Was wir von einem DLC erwarten und was wir im Gegenzug bekommen, geht selten Hand in Hand. Eigentlich verhalten sie sich eher wie kleine, bockige Vettern, die sich nicht riechen können, aber gezwungen werden, miteinander zu spielen. Haare ziehen, kneifen, beißen, schlagen, petzen; einfach nur fies sein. Einer von den Verwandten halt, dessen Bekanntschaft einen beim ersten Mal noch deprimiert, aber schon beim zweiten Treffen rollt man genervt die Augen. Beim Dritten hat man schon aufgegeben und stellt sich bereits im Vorfeld auf den Hass ein. Und beim vierten Treffen... Bringt die Familie eure bezaubernde Cousine mit. Lustig, clever, bildschön und die Tochter ihrer bezaubernden Mutter. Klingt komisch?
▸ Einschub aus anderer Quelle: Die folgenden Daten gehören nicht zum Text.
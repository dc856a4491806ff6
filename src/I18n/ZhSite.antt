-- ===== src/I18n/ZhSite.antt =====
-- The Chinese messages, web/src/lib/i18n/messages/zh-CN.ts, the first sections.
use uni_llm.I18n.Shape.{
  CalculatorMessages, CommonMessages, DashboardMessages, HomeFeaturesMessages, HomeMessages,
  LocaleMessages, LoginMessages, ModelsMessages, NavMessages, ThemeMessages,
}

abbrev pub zh_nav : NavMessages
zh_nav = record {
  models = "模型";
  playground = "试用台";
  docs = "文档";
  calculator = "费用计算器";
  sign_in = "登录";
  dashboard = "控制台";
  logout = "退出";
}

abbrev pub zh_theme : ThemeMessages
zh_theme = record { switch_to_light = "切换到浅色模式"; switch_to_dark = "切换到深色模式" }

abbrev pub zh_locale : LocaleMessages
zh_locale = record { label = "语言" }

abbrev pub zh_home_features : HomeFeaturesMessages
zh_home_features = record {
  openai = record { title = "OpenAI 兼容"; description = "可直接替换 OpenAI SDK，只需修改 base URL 即可接入。" };
  pricing = record { title = "价格透明"; description = "按实际 Token 计费，控制台实时查看每次请求的成本明细。" };
  multi_vendor = record {
    title = "多厂商统一";
    description = "一个 API Key 访问 Anthropic、Google、DeepSeek 等，无需分别开户。";
  };
  failover = record { title = "内置容错"; description = "自动重试与熔断保护，上游故障时你的应用仍可保持可用。" };
  dashboard = record { title = "实时控制台"; description = "实时监控用量、费用与延迟，完整请求日志可追溯。" };
  dev_first = record { title = "开发者优先"; description = "完整 API 文档、在线 Playground 与 SDK 支持，更快上线。" };
}

abbrev pub zh_home : HomeMessages
zh_home = record {
  hero_title = "一个 API 接入所有主流";
  hero_title_highlight = "大模型";
  hero_subtitle = "通过统一的 OpenAI 兼容接口调用 Claude、Gemini、DeepSeek 等模型。无厂商锁定，价格透明，即开即用。";
  get_started = "免费开始";
  view_models = "查看模型";
  terminal = "终端";
  stats_models = "模型";
  stats_vendors = "厂商";
  stats_uptime = "可用性";
  stats_latency = "延迟";
  features_title = "你所需的一切";
  features_subtitle = "完整的多模型接入平台，无需为复杂性分心。";
  models_title = "可用模型";
  models_subtitle = "一站式访问各大厂商的优质模型，接口统一、稳定。";
  loading_models = "正在加载模型...";
  no_models = "暂无可用模型。";
  view_all_models = "查看全部模型";
  input = "输入";
  output = "输出";
  per_million = "/百万";
  pricing_title = "简单透明的定价";
  pricing_subtitle = "按 Token 计费，无月费，无最低消费。";
  pricing_model = "模型";
  pricing_input = "输入 / 百万 Token";
  pricing_output = "输出 / 百万 Token";
  pricing_loading = "正在加载价格...";
  start_free_credit = "领取 $1 免费额度";
  footer = "为开发者打造。";
  features = zh_home_features;
}

abbrev pub zh_login : LoginMessages
zh_login = record {
  tagline = "一个 API 接入所有主流大模型";
  sign_in = "登录";
  create_account = "注册账号";
  name = "姓名";
  email = "邮箱";
  password = "密码";
  name_placeholder = "你的名字";
  email_placeholder = "you@example.com";
  password_placeholder = "至少 8 位";
  loading = "...";
  has_account = "已有账号？";
  no_account = "还没有账号？";
  register = "注册";
  failed = "操作失败";
}

abbrev pub zh_models : ModelsMessages
zh_models = record {
  title = "模型广场";
  subtitle = "共 {count} 个模型、{vendors} 家厂商，均可通过统一的 OpenAI 兼容 API 访问。";
  search_placeholder = "搜索模型...";
  all_vendors = "全部厂商";
  all_capabilities = "全部能力";
  vision = "视觉";
  tools = "工具调用";
  streaming = "流式";
  loading = "正在加载模型...";
  no_results = "没有符合筛选条件的模型。";
  input = "输入";
  output = "输出";
  max_tokens = "最大 Token";
  quick_start = "快速开始";
}

abbrev pub zh_calculator : CalculatorMessages
zh_calculator = record {
  title = "费用计算器";
  subtitle = "根据预期用量估算 API 成本";
  select_model = "模型";
  input_tokens_per_request = "每次请求输入 Token";
  output_tokens_per_request = "每次请求输出 Token";
  requests_per_day = "每日请求数";
  cost_per_request = "单次请求成本";
  daily_cost = "每日成本";
  monthly_cost = "每月成本（30 天）";
  yearly_cost = "每年成本（365 天）";
  compare_title = "模型对比（按成本排序）";
  col_model = "模型";
  col_vendor = "厂商";
  col_input = "输入 $/百万";
  col_output = "输出 $/百万";
  col_per_request = "单次成本";
  col_daily = "每日成本";
  col_monthly = "每月成本";
  loading = "正在加载模型...";
}

abbrev pub zh_common : CommonMessages
zh_common = record {
  loading = "加载中...";
  failed = "操作失败";
  delete = "删除";
  create = "创建";
  enable = "启用";
  disable = "禁用";
  active = "启用";
  disabled = "禁用";
  action = "操作";
  status = "状态";
  confirm_delete_key = "确定删除此 API Key？";
}

abbrev pub zh_dashboard : DashboardMessages
zh_dashboard = record {
  balance = "余额";
  tabs = record { overview = "概览"; logs = "日志"; keys = "API Key"; settings = "设置" };
  stats = record {
    total_requests = "总请求数";
    total_tokens = "总 Token";
    total_cost = "总费用";
    today_cost = "今日费用";
    avg_latency = "平均延迟";
    success_rate = "成功率";
  };
  usage_trend = "用量趋势";
  usage_by_model = "按模型统计";
  no_usage = "暂无用量";
  recent_requests = "最近请求";
  api_keys = "API Key 管理";
  key_name_placeholder = "Key 名称（如 production）";
  key_created_hint = "Key 已创建！请立即复制，之后不会再显示。";
  no_api_keys = "暂无 API Key";
  col_name = "名称";
  col_key = "Key";
  col_scope = "权限";
  col_created = "创建时间";
  change_password = "修改密码";
  current_password = "当前密码";
  new_password = "新密码（至少 8 位）";
  update_password = "更新密码";
  password_changed = "密码修改成功";
  chart_daily_requests = "每日请求数（近 30 天）";
  chart_daily_cost = "每日费用（近 30 天）";
}
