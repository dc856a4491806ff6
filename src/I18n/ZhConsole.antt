-- ===== src/I18n/ZhConsole.antt =====
-- The Chinese messages, web/src/lib/i18n/messages/zh-CN.ts, the other sections.
use uni_llm.I18n.Shape.{
  AdminMessages, DocsMessages, LogsMessages, PlaygroundMessages, StatusMessages,
}

abbrev pub zh_playground : PlaygroundMessages
zh_playground = record {
  title = "对话试用";
  api_key = "API Key";
  api_key_placeholder = "粘贴你的 API Key（sk-...）";
  model = "模型";
  clear = "清空";
  system_prompt = "系统提示词";
  system_prompt_placeholder = "系统提示词...";
  empty_hint = "发送一条消息开始对话";
  role_you = "你";
  role_assistant = "助手";
  thinking = "思考中...";
  message_placeholder = "输入消息...";
  need_api_key = "请先填写 API Key";
  send = "发送";
  empty_response = "（空响应）";
  request_failed = "请求失败";
  default_system_prompt = "你是一个有帮助的助手。";
  error_prefix = "错误：";
}

abbrev pub zh_docs : DocsMessages
zh_docs = record {
  title = "API 文档";
  sdk_intro = "UniLLM 兼容任意 OpenAI SDK 或 HTTP 客户端。请在下方选择你使用的语言。";
  sections = record {
    quickstart = "快速开始";
    auth = "身份认证";
    chat = "对话补全";
    models = "模型列表";
    streaming = "流式输出";
    sdks = "SDK 示例";
    functions = "函数调用";
    errors = "错误码";
    ratelimits = "速率限制";
    pricing = "定价";
  };
  sdk_examples = "SDK 示例";
  copy = "复制";
  copied = "已复制！";
}

abbrev pub zh_admin : AdminMessages
zh_admin = record {
  badge = "管理后台";
  loading = "正在加载管理面板...";
  tabs = record { overview = "概览"; users = "用户"; providers = "上游"; models = "模型"; keys = "上游 Key" };
  stats = record {
    total_users = "用户总数";
    total_requests = "请求总数";
    total_cost = "总费用";
    total_tokens = "总 Token";
    active_keys = "活跃 Key";
  };
  user_management = "用户管理";
  user_id = "用户 ID";
  amount = "金额（$）";
  reason = "原因";
  add_balance = "充值";
  col_id = "ID";
  col_email = "邮箱";
  col_name = "姓名";
  col_role = "角色";
  col_balance = "余额";
  col_joined = "注册时间";
  providers_title = "上游 Provider";
  col_base_url = "Base URL";
  models_title = "模型配置";
  col_public_name = "对外名称";
  col_upstream = "上游模型";
  col_max_tokens = "最大 Token";
  keys_title = "上游 API Key";
  provider_id = "Provider ID";
  select_provider = "选择...";
  api_key = "API Key";
  rpm = "RPM";
  add_key = "添加 Key";
  col_provider = "Provider";
  col_key_prefix = "Key 前缀";
  no_provider_keys = "未配置上游 Key";
}

abbrev pub zh_status : StatusMessages
zh_status = record {
  title = "UniLLM 状态";
  subtitle = "上游服务实时健康监控";
  fetch_error = "获取状态失败";
  last_updated = "最后更新";
  auto_refresh = "每 30 秒自动刷新";
  overall = "整体状态";
  providers = "上游服务";
  latency = "延迟";
  circuit = "熔断";
  no_data = "暂无上游数据";
  operational = "所有系统运行正常";
  degraded = "部分系统异常";
  circuit_label = "熔断";
}

abbrev pub zh_logs : LogsMessages
zh_logs = record {
  no_requests = "暂无请求";
  col_time = "时间";
  col_model = "模型";
  col_tokens = "Token";
  col_cost = "费用";
  col_latency = "延迟";
  col_status = "状态";
}
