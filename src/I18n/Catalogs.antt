-- ===== src/I18n/Catalogs.antt =====
-- The two message catalogs of web/src/lib/i18n/messages/, whole.
use uni_llm.I18n.Shape.{Messages}
use uni_llm.I18n.EnSite.{
  en_calculator, en_common, en_dashboard, en_home, en_locale, en_login, en_models, en_nav, en_theme,
}
use uni_llm.I18n.EnConsole.{en_admin, en_docs, en_logs, en_playground, en_status}
use uni_llm.I18n.ZhSite.{
  zh_calculator, zh_common, zh_dashboard, zh_home, zh_locale, zh_login, zh_models, zh_nav, zh_theme,
}
use uni_llm.I18n.ZhConsole.{zh_admin, zh_docs, zh_logs, zh_playground, zh_status}

abbrev pub en : Messages
en = record {
  nav = en_nav;
  theme = en_theme;
  locale = en_locale;
  home = en_home;
  login = en_login;
  models = en_models;
  calculator = en_calculator;
  common = en_common;
  dashboard = en_dashboard;
  playground = en_playground;
  docs = en_docs;
  admin = en_admin;
  status = en_status;
  logs = en_logs;
}

abbrev pub zh_cn : Messages
zh_cn = record {
  nav = zh_nav;
  theme = zh_theme;
  locale = zh_locale;
  home = zh_home;
  login = zh_login;
  models = zh_models;
  calculator = zh_calculator;
  common = zh_common;
  dashboard = zh_dashboard;
  playground = zh_playground;
  docs = zh_docs;
  admin = zh_admin;
  status = zh_status;
  logs = zh_logs;
}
Aber so steht es geschrieben.

The Witcher 3: Hearts of Stone - Deutscher Trailer

Die Meister des Erzählens

Dieser DLC, dieses bezaubernde, clevere Ding, ist in dem Fall – na, ihr habt es doch schon erraten - „Hearts of Stone“ für „The Witcher 3“. Es ist die Art von Zusatz-Content, die wir uns schon lange gewünscht haben. Nicht zu abgehoben, nicht daran interessiert, auf Gedeih und Verderb cool zu wirken und mutig genug, Action einfach einmal Action sein zu lassen und sich stattdessen auf das große Ganze zu konzentrieren. Eine Geschichte zu erzählen und darauf zu achten, dies im richtigen Stil und im richtigen Tempo zu tun.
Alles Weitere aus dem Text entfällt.